__Study material__
--- START ---

-- ===== src/Text/Case.antt =====
-- o9_string_lower and o9_string_upper.
use objective_9c.Prelude.{ℕ, ◌≡◌, refl, ap₂, [], ◌∷◌, map, arith, Bytes, length, length-map}
use objective_9c.Text.{lower_byte, upper_byte, lower, upper}

upper-lower_byte : (c : ℕ) → upper_byte (lower_byte c) ≡ upper_byte c
unfolding upper_byte lower_byte
upper-lower_byte c = ground arith

lower-upper_byte : (c : ℕ) → lower_byte (upper_byte c) ≡ lower_byte c
unfolding upper_byte lower_byte
lower-upper_byte c = ground arith

map_twice : (f g h : ℕ → ℕ) (s : Bytes) → ((c : ℕ) → f (g c) ≡ h c) → map f (map g s) ≡ map h s
map_twice f g h [] e = refl
map_twice f g h (c ∷ s) e = ap₂ ◌∷◌ (e c) (map_twice f g h s e)

-- Upper and lower case forget the same letters: each undoes the other and nothing else, and neither
-- changes the length.
pub case_laws :
    (s : Bytes)
    → (upper (lower s) ≡ upper s)
      × (lower (upper s) ≡ lower s)
      × (length (lower s) ≡ length s)
      × (length (upper s) ≡ length s)
unfolding lower upper
case_laws s = (
  map_twice upper_byte lower_byte upper_byte s upper-lower_byte,
  map_twice lower_byte upper_byte lower_byte s lower-upper_byte,
  length-map s lower_byte,
  length-map s upper_byte,
)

--- END ---

__Task directions__
The answer must be an exact copy of the lines from the one containing "(upper s) ≡ length s)" through the last line of the records, both included.

__Solved exercise__
      × (length (upper s) ≡ length s)
unfolding lower upper
case_laws s = (
  map_twice upper_byte lower_byte upper_byte s upper-lower_byte,
  map_twice lower_byte upper_byte lower_byte s lower-upper_byte,
  length-map s lower_byte,
  length-map s upper_byte,
)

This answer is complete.